Based on Zhong's simple methodology, first introduced in " Step into the J2EE Architecture and Process " ( JavaWorld, September 2001), we built the first Java Web application using J2EE technologies at EIA. This project won the US Department of Energy's 2001 Technical Excellence Award and helped us gain approval for a second project?a similar Web application with a legacy database containing about 85 tables. The second project involved Web-enabling the data-collection process for one EIA survey. This project, which is going live as we write this article, took only about four months to complete. It went more smoothly than the first project, and we again satisfied the customer's requirements and delivered on time with minimal cost. As each success within the organization improved our position and enlarged our codebase, we thought more seriously about productive, reusable technologies that would require a small degree of up-front investment.
The circumstances and the challenge before us were both commonplace: we needed to find a practical way of gradually implementing more efficient technology and, if possible, retrofitting it to existing applications. After consulting with management, we decided to implement a reusable single sign-on (SSO) component. Two familiar business requirements drove this decision:
The need to accommodate large projected increases in e-business partners. The EIA has two main classes of e-business partners: respondents, who submit survey data electronically, and employees (both federal and contractor).
Heightened security concerns in response to terrorist activity. Respondents no longer send paper forms because of recent terrorist events, and thus we have an urgent need to deploy electronic submissions for many surveys. Many respondents will submit for more than one survey as well.
In this scenario, SSO has several advantages. Developing one relatively high-quality SSO component allows better safeguards than developing individual SSO modules. SSO enables more consistent, centralized, and efficient user administration. It allows security personnel some standard and centralized resources?for monitoring failed and successful logons, for example. Equally important, users can conduct their business more quickly and conveniently, partly because they avoid the nuisance of repeated logins, and partly because they can easily change their profiles in one place. The Open Group's " Introduction to Single Sign-On " discusses SSO's advantages in more detail.
Business process and requirements analysis
The EIA manages more than 80 energy information surveys. Each program office division manages its own surveys. Currently, only a few surveys are Web enabled. Some users respond to many surveys, while other users respond to the same survey on behalf of many firms. Survey data are submitted via fax, email, telephone, and so on, and are processed in ways appropriate to the particular survey.

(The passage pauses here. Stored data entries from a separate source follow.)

-- ===== src/Timeline/Recorder.antt =====
-- internal/observability/timeline/recorder.go, Recorder: what is appended, and what is dropped.
pub mod Capacity
pub mod Downgrades
use realtime_speech_pipeline.Base.{
  ℕ, zero, suc, ◌+◌, String, Bool, true, false, not, ◌&&◌, ◌||◌, Option, none, some, List, [], ◌∷◌,
  ◌++◌, Result, ok, err, ◌>>◌, ◌>>=◌, refuse_if, if◌then◌else◌, ltb, leb,
}
use realtime_speech_pipeline.Base.Int.{ℤ, pos, negsuc, is_negative, non_negative}
use realtime_speech_pipeline.Base.Lists.{length}
use realtime_speech_pipeline.Base.Members.{has}
use realtime_speech_pipeline.Base.Text.{is_empty, fallback, concat}
use realtime_speech_pipeline.EventAbi.Types.{Lane, PayloadClass, SignalName, Emitter}
use realtime_speech_pipeline.EventAbi.Signal
use realtime_speech_pipeline.EventAbi.Signal.{ControlSignal, blank, scope_for, scope_text_for}
use realtime_speech_pipeline.Timeline.Baseline.{BaselineEvidence, validate_completeness}
use text.Mathlib.Text.{◌==◌}
use realtime_speech_pipeline.Timeline.{
  ProviderAttemptEvidence, InvocationSnapshotEvidence, validate_attempt, validate_snapshot,
}

pub record DetailEvent : Type 0 where
  pub session_id : String
  pub turn_id : String
  pub pipeline_version : String
  pub event_id : String
  pub transport_sequence : ℤ
  pub runtime_sequence : ℤ
  pub authority_epoch : ℤ
  pub runtime_timestamp_ms : ℤ
  pub wall_clock_timestamp_ms : ℤ
  pub reason : String

-- `DowngradeEmitted` is true exactly where `DowngradeSignal` is there.
pub record DetailAppendResult : Type 0 where
  pub stored : Bool
  pub dropped : Bool
  pub downgrade_emitted : Bool
  pub downgrade_signal : Option ControlSignal
  pub dropped_detail_count : ℕ

pub record StageAConfig : Type 0 where
  pub baseline_capacity : ℕ
  pub detail_capacity : ℕ
  pub attempt_capacity : ℕ
  pub invocation_snapshot_cap : ℕ
  pub enable_invocation_snapshot : Bool

-- `downgrade_by_turn` holds the keys that the map holds as true.
pub record Recorder : Type 0 where
  pub cfg : StageAConfig
  pub baseline_entries : List BaselineEvidence
  pub detail_entries : List DetailEvent
  pub attempt_entries : List ProviderAttemptEvidence
  pub snapshot_entries : List InvocationSnapshotEvidence
  pub dropped_details : ℕ
  pub downgrade_by_turn : List String

-- `if capacity < 1 { capacity = default }`
abbrev pub capacity_or : ℕ → ℤ → ℕ
capacity_or default (pos zero) = default
capacity_or default (pos (suc n)) = suc n
capacity_or default (negsuc n) = default

unfoldable pub new_recorder : (baselines details attempts snapshots : ℤ) (enabled : Bool) → Recorder
new_recorder baselines details attempts snapshots enabled = record {
  cfg = record {
    baseline_capacity = capacity_or 128 baselines;
    detail_capacity = capacity_or 512 details;
    attempt_capacity = capacity_or 1024 attempts;
    invocation_snapshot_cap = capacity_or 1024 snapshots;
    enable_invocation_snapshot = enabled;
  };
  baseline_entries = [];
  detail_entries = [];
  attempt_entries = [];
  snapshot_entries = [];
  dropped_details = 0;
  downgrade_by_turn = [];
}

unfoldable pub append_baseline_checked :
    Result (Unit {0}) → BaselineEvidence → Recorder → Recorder × Result (Unit {0})
append_baseline_checked (err e) evidence r = (r, err e)
append_baseline_checked (ok _) evidence r =
    if leb r.cfg.baseline_capacity (length r.baseline_entries)
    then (r, err "timeline baseline stage-a capacity exhausted")
    else (record r { baseline_entries = r.baseline_entries ++ evidence ∷ [] }, ok tt)

unfoldable pub append_baseline : BaselineEvidence → Recorder → Recorder × Result (Unit {0})
append_baseline evidence r = append_baseline_checked (validate_completeness evidence) evidence r

-- The attempts of a session, and of one turn of it unless none is named.
abbrev of_turn : (session_id turn_id : String) → ProviderAttemptEvidence → Bool
of_turn session_id turn_id entry =
    entry.session_id == session_id && (is_empty turn_id || entry.turn_id == turn_id)

unfoldable pub entries_of_turn :
    (session_id turn_id : String) → List ProviderAttemptEvidence → List ProviderAttemptEvidence
entries_of_turn session_id turn_id [] = []
entries_of_turn session_id turn_id (entry ∷ entries) =
    let rest = entries_of_turn session_id turn_id entries in
    if of_turn session_id turn_id entry then entry ∷ rest else rest

unfoldable pub provider_attempt_entries_for_turn :
    (session_id turn_id : String) → Recorder → List ProviderAttemptEvidence
provider_attempt_entries_for_turn session_id turn_id r =
    if is_empty session_id then [] else entries_of_turn session_id turn_id r.attempt_entries

unfoldable pub validate_attempts : List ProviderAttemptEvidence → Result (Unit {0})
validate_attempts [] = ok tt
validate_attempts (attempt ∷ rest) = do validate_attempt attempt; validate_attempts rest

-- The recorder afterwards: the one before, where an error is returned.
unfoldable pub append_attempts_checked :
    Result (Unit {0}) → List ProviderAttemptEvidence → Recorder → Recorder × Result (Unit {0})
append_attempts_checked (err e) attempts r = (r, err e)
append_attempts_checked (ok _) attempts r =
    if ltb r.cfg.attempt_capacity (length r.attempt_entries + length attempts)
    then (r, err "timeline provider attempt stage-a capacity exhausted")
    else (record r { attempt_entries = r.attempt_entries ++ attempts }, ok tt)

unfoldable pub append_provider_invocation_attempts :
    List ProviderAttemptEvidence → Recorder → Recorder × Result (Unit {0})
append_provider_invocation_attempts [] r = (r, ok tt)
append_provider_invocation_attempts (attempt ∷ rest) r =
    append_attempts_checked (validate_attempts (attempt ∷ rest)) (attempt ∷ rest) r

unfoldable pub append_snapshot_checked :
    Result (Unit {0}) → InvocationSnapshotEvidence → Recorder → Recorder × Result (Unit {0})
append_snapshot_checked (err e) snapshot r = (r, err e)
append_snapshot_checked (ok _) snapshot r =
    if leb r.cfg.invocation_snapshot_cap (length r.snapshot_entries)
    then (r, err "timeline invocation snapshot stage-a capacity exhausted")
    else (record r { snapshot_entries = r.snapshot_entries ++ snapshot ∷ [] }, ok tt)

unfoldable pub append_invocation_snapshot :
    InvocationSnapshotEvidence → Recorder → Recorder × Result (Unit {0})
append_invocation_snapshot snapshot r =
    if r.cfg.enable_invocation_snapshot
    then append_snapshot_checked (validate_snapshot snapshot) snapshot r
    else (r, ok tt)

unfoldable pub downgrade_signal_of : DetailEvent → ControlSignal
downgrade_signal_of detail = record blank {
  schema_version = "v1.0";
  event_scope = scope_for detail.turn_id;
  session_id = detail.session_id;
  turn_id = detail.turn_id;
  pipeline_version = detail.pipeline_version;
  event_id = detail.event_id;
  lane = Lane.control_lane;
  transport_sequence = some (non_negative detail.transport_sequence);
  runtime_sequence = non_negative detail.runtime_sequence;
  authority_epoch = non_negative detail.authority_epoch;
  runtime_timestamp_ms = detail.runtime_timestamp_ms;
  wall_clock_ms = detail.wall_clock_timestamp_ms;
  payload_class = PayloadClass.metadata;
  signal = SignalName.recording_level_downgraded;
  emitted_by = Emitter.or02;
  reason = fallback detail.reason "stage_a_detail_overflow";
  scope = scope_text_for detail.turn_id;
}

unfoldable pub build_recording_downgrade_signal : DetailEvent → Result ControlSignal
build_recording_downgrade_signal detail = do
  Signal.validate (downgrade_signal_of detail)
  ok (downgrade_signal_of detail)

abbrev pub key_of : DetailEvent → String
key_of detail = concat detail.session_id (concat "/" detail.turn_id)

-- The result of the first drop of a turn.
unfoldable pub downgraded : Result ControlSignal → ℕ → Result DetailAppendResult
downgraded (err e) count = err e
downgraded (ok signal) count = ok (record {
  stored = false;
  dropped = true;
  downgrade_emitted = true;
  downgrade_signal = some signal;
  dropped_detail_count = count;
})

abbrev pub dropped_result : ℕ → DetailAppendResult
dropped_result count = record {
  stored = false;
  dropped = true;
  downgrade_emitted = false;
  downgrade_signal = none;
  dropped_detail_count = count;
}

-- The detail does not fit.
unfoldable pub drop_detail : DetailEvent → Recorder → Recorder × Result DetailAppendResult
drop_detail detail r =
    let count = suc r.dropped_details in
    if has (key_of detail) r.downgrade_by_turn
    then (record r { dropped_details = count }, ok (dropped_result count))
    else (
      record r { dropped_details = count; downgrade_by_turn = key_of detail ∷ r.downgrade_by_turn },
      downgraded (build_recording_downgrade_signal detail) count,
    )

abbrev pub stored_result : ℕ → DetailAppendResult
stored_result count = record {
  stored = true;
  dropped = false;
  downgrade_emitted = false;
  downgrade_signal = none;
  dropped_detail_count = count;
}

unfoldable pub check_detail : DetailEvent → Result (Unit {0})
check_detail detail = do
  refuse_if
      (is_empty detail.session_id || is_empty detail.pipeline_version || is_empty detail.event_id)
      "session_id, pipeline_version, and event_id are required"
  refuse_if (is_negative detail.runtime_timestamp_ms || is_negative detail.wall_clock_timestamp_ms)
      "timestamps must be >= 0"

unfoldable pub append_detail_checked :
    Result (Unit {0}) → DetailEvent → Recorder → Recorder × Result DetailAppendResult
append_detail_checked (err e) detail r = (r, err e)
append_detail_checked (ok _) detail r =
    if ltb (length r.detail_entries) r.cfg.detail_capacity
    then (
      record r { detail_entries = r.detail_entries ++ detail ∷ [] },
      ok (stored_result r.dropped_details),
    )
    else drop_detail detail r

unfoldable pub append_detail : DetailEvent → Recorder → Recorder × Result DetailAppendResult
append_detail detail r = append_detail_checked (check_detail detail) detail r

-- A call of the recorder, and the recorder after it, or after a sequence of them.
pub data Call : Type 0 where
  baseline : BaselineEvidence → Call
  attempts : List ProviderAttemptEvidence → Call
  snapshot : InvocationSnapshotEvidence → Call
  detail : DetailEvent → Call

abbrev pub after : Call → Recorder → Recorder
after (Call.baseline b) r = (append_baseline b r).0
after (Call.attempts l) r = (append_provider_invocation_attempts l r).0
after (Call.snapshot s) r = (append_invocation_snapshot s r).0
after (Call.detail d) r = (append_detail d r).0

abbrev pub run : List Call → Recorder → Recorder
run [] r = r
run (call ∷ calls) r = run calls (after call r)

We envision that virtually all surveys will be Web enabled so that respondents can at least submit survey data directly from their browsers. As each survey Web application comes online, user authentication will be required, and some respondents will need to authenticate to many applications. The EIA is also bringing intranet applications online, for which EIA contractors and staff require authentication services.
Figure 1 shows the network topology of our enterprise architecture.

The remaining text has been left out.